4 Results and Discussion

Table 1. Dice score and Hausdorff distance of our experiments over 5 runs on test data
Table 2. Standard deviation of dice scores of our experiments over 5 runs on test data

As seen from Table 1, our approach by extending the input to 4 modalities (4C) with weight initialization (WI), using Rician Noise (RN) as the preferred noise injection yielded a marginal increase in accuracy on the Enhancing Tumour (ET) and Tumour Core (TC) classes. From Table 2, we also notice that the standard deviation of both classes mentioned shrinks marginally, signifying that the model is more robust towards outliers. However, without weight initialization, the 4-modality approach performs slightly poorly compared to 4C + WI + RN. We hypothesize that the weight initialization using existing pretrained weights helped to stabilize the training process and provide a more robust model due to the existing knowledge and features from the pretrained weights. Without pretrained weights, the new convolutional layer for the fourth modality is just initialized with random weights that might not provide any sort of learnt representations and knowledge to the model.

Aggressive data augmentation policies (denoted by DA) often resulted in a degradation of segmentation performance. By increasing the probability of all augmentations, more images in the training set are transformed and augmented. However, these aggressive augmentations did not provide any boost in accuracy, possibly due to the model losing its ability to generalize because the augmented samples could not reflect the possible deformities in actual MRI images. It is possible that a combination of different augmentations could be used to achieve a more robust model.

5 Conclusion

We show that our results outperform the original AlbuNet3D marginally by extending the input to four channels to accept all modalities of the BraTS dataset. In order to further improve on the accuracy of our extension, further work should focus on the initialization of weights when extending the pretrained ResNet34 encoder of AlbuNet3D or to extend the approach to other pretrained encoders that may perhaps provide a greater accuracy boost.
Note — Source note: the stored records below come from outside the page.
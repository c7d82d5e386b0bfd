-- ===== src/Sidebar/Consistency/Destroyed.antt =====
-- Consistent sessions under `handle_destroyed_room` and `handle_removal_from_room`
-- (sidebar_domain_service.rs).
use prose_core_client.Base.{
  String, ℕ, Option, none, some, Bool, false, inl, inr, Option-cases, string_eq,
}
use prose_core_client.Shared.Ids.{UserId, MucId}
use prose_core_client.Rooms.RoomModels.{BookmarkType, room_bookmark_type}
use prose_core_client.Rooms.ConnectedRooms.{get, delete}
use prose_core_client.Rooms.Room.{Room, room_id, Session, details_of, set_state, dispatch}
use prose_core_client.Rooms.Service.{Outcome, build_nickname}
use prose_core_client.Rooms.Service.Requests.{CreateOrEnterRoomRequest, system_initiated}
use prose_core_client.Rooms.Service.Connecting.{forget_room}
use prose_core_client.Rooms.Service.Enter.{create_or_join_room}
use prose_core_client.Rooms.Service.Consistent.{
  Consistent, Keeps, continue-Consistent, match-Consistent,
}
use prose_core_client.Rooms.Service.Consistent.Steps.{forget_room-Consistent}
use prose_core_client.Rooms.Service.Consistent.Entering.{create_or_join_room-Consistent}
use prose_core_client.Sidebar.{SidebarServices, sidebar_changed, delete_bookmark}
use prose_core_client.Sidebar.Changes.{
  mark_destroyed, save_joined, insert_alternate, join_alternate, replace_destroyed, move_to,
  destroyed_with, handle_destroyed_room, mark_removed, handle_removal_from_room,
}
use prose_core_client.Sidebar.Consistency.{
  SidebarKeeping, save_bookmark-Consistent, delete_bookmark-Consistent,
}
use prose_core_client.Sidebar.Consistency.Pending.{
  sidebar_changed-Consistent, pending_room-Consistent,
}

module _ (c : SidebarServices) (keep : SidebarKeeping c) (username : UserId → String)
    (fuel : ℕ) where
  mark_destroyed-Consistent :
      (room : Option Room) (s : Session)
      → Consistent s
      → Consistent (mark_destroyed c username fuel room s)
  unfolding mark_destroyed sidebar_changed dispatch set_state
  mark_destroyed-Consistent none s h = h
  mark_destroyed-Consistent (some room) s h = h

  mark_removed-Consistent :
      (is_permanent : Bool) (room : Option Room) (s : Session)
      → Consistent s
      → Consistent (mark_removed c username fuel is_permanent room s)
  unfolding mark_removed sidebar_changed dispatch set_state
  mark_removed-Consistent is_permanent none s h = h
  mark_removed-Consistent is_permanent (some room) s h = h

  pub handle_removal-Consistent :
      (id : MucId) (is_permanent : Bool)
      → Keeps (handle_removal_from_room c username fuel id is_permanent)
  unfolding handle_removal_from_room
  handle_removal-Consistent id is_permanent s h =
      continue-Consistent (c.rooms.connected_account s) _ (keep.rooms.connected_account s h)
        (λ account s1. mark_removed-Consistent is_permanent (get room_id id s1.connected) s1)

  save_joined-Consistent :
      (o : Outcome Room × Session) → Consistent o.1 → Consistent (save_joined c username fuel o).1
  unfolding save_joined
  save_joined-Consistent o h =
      match-Consistent o _ _ h (save_bookmark-Consistent c keep) (λ e s1 h1. h1)

  insert_alternate-Consistent :
      (type : BookmarkType) (room : Room) (alternate : MucId) (user : UserId)
      → Keeps (insert_alternate c username fuel type room alternate user)
  unfolding insert_alternate
  insert_alternate-Consistent type room alternate user s h =
      pending_room-Consistent username _ (build_nickname c.rooms none user) s h

  join_alternate-Consistent :
      (id : MucId) (room : Room) (alternate : MucId)
      → Keeps (join_alternate c username fuel id room alternate)
  unfolding join_alternate
  join_alternate-Consistent id room alternate s h =
      let request = CreateOrEnterRoomRequest.join_room alternate none system_initiated false in
      continue-Consistent (delete_bookmark c id (sidebar_changed s)) _
        (delete_bookmark-Consistent c keep id (sidebar_changed s) (sidebar_changed-Consistent s h))
        (λ u s1 h1.
          let joined =
            create_or_join_room c.rooms fuel request (details_of room s1).sidebar_state s1 in
          continue-Consistent (save_joined c username fuel joined) _
            (save_joined-Consistent joined (
              create_or_join_room-Consistent c.rooms fuel request (details_of room s1).sidebar_state
                s1 keep.rooms h1))
            (λ v s2. sidebar_changed-Consistent s2))

  replace_destroyed-Consistent :
      (id alternate : MucId) (room : Room) (type : Option BookmarkType)
      → Keeps (replace_destroyed c username fuel id alternate room type)
  unfolding replace_destroyed
  replace_destroyed-Consistent id alternate room none s h = h
  replace_destroyed-Consistent id alternate room (some type) s h =
      continue-Consistent (c.rooms.connected_id s) _ (keep.rooms.connected_id s h) (λ user s1 h1.
        continue-Consistent (insert_alternate c username fuel type room alternate user.bare s1)
          (λ u. join_alternate c username fuel id room alternate)
          (insert_alternate-Consistent type room alternate user.bare s1 h1)
          (λ u. join_alternate-Consistent id room alternate))

  move_to-Consistent :
      (id alternate : MucId) (room : Option Room)
      → Keeps (move_to c username fuel id alternate room)
  unfolding move_to
  move_to-Consistent id alternate none s h = h
  move_to-Consistent id alternate (some room) s h =
      elim (Option-cases (get room_id alternate s.connected)) [
        | inl free ↦
            rw (move_to, free)
              (replace_destroyed-Consistent id alternate room (room_bookmark_type room.info.type) s
                h)
        | inr (existing, there) ↦
            rw (move_to, there) (delete_bookmark-Consistent c keep alternate s h)
      ]

  destroyed_with-Consistent :
      (id : MucId) (alternate : Option MucId) → Keeps (destroyed_with c username fuel id alternate)
  unfolding destroyed_with forget_room
  destroyed_with-Consistent id none s h = mark_destroyed-Consistent (get room_id id s.connected) s h
  destroyed_with-Consistent id (some alternate) s h =
      move_to-Consistent id alternate (delete room_id id s.connected).0 (forget_room id s)
        (forget_room-Consistent id s h)

  pub handle_destroyed_room-Consistent :
      (id : MucId) (alternate : Option MucId)
      → Keeps (handle_destroyed_room c username fuel id alternate)
  unfolding handle_destroyed_room
  handle_destroyed_room-Consistent id alternate s h =
      continue-Consistent (c.rooms.connected_account s) _ (keep.rooms.connected_account s h)
        (λ account. destroyed_with-Consistent id alternate)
It is crucial that this line of research may continue to develop adaptive methods that may process inputs of variable modalities in the future.

In conclusion, we have achieved the original aim and objectives of the project, which is to extend upon the gaps in literature to propose an improved algorithm which can provide enhanced segmentation accuracy. Further work should focus on the adaptive initialization of weights at the start of training when extending the input channels of a pretrained network to further stabilise the training process and achieve higher segmentation accuracy.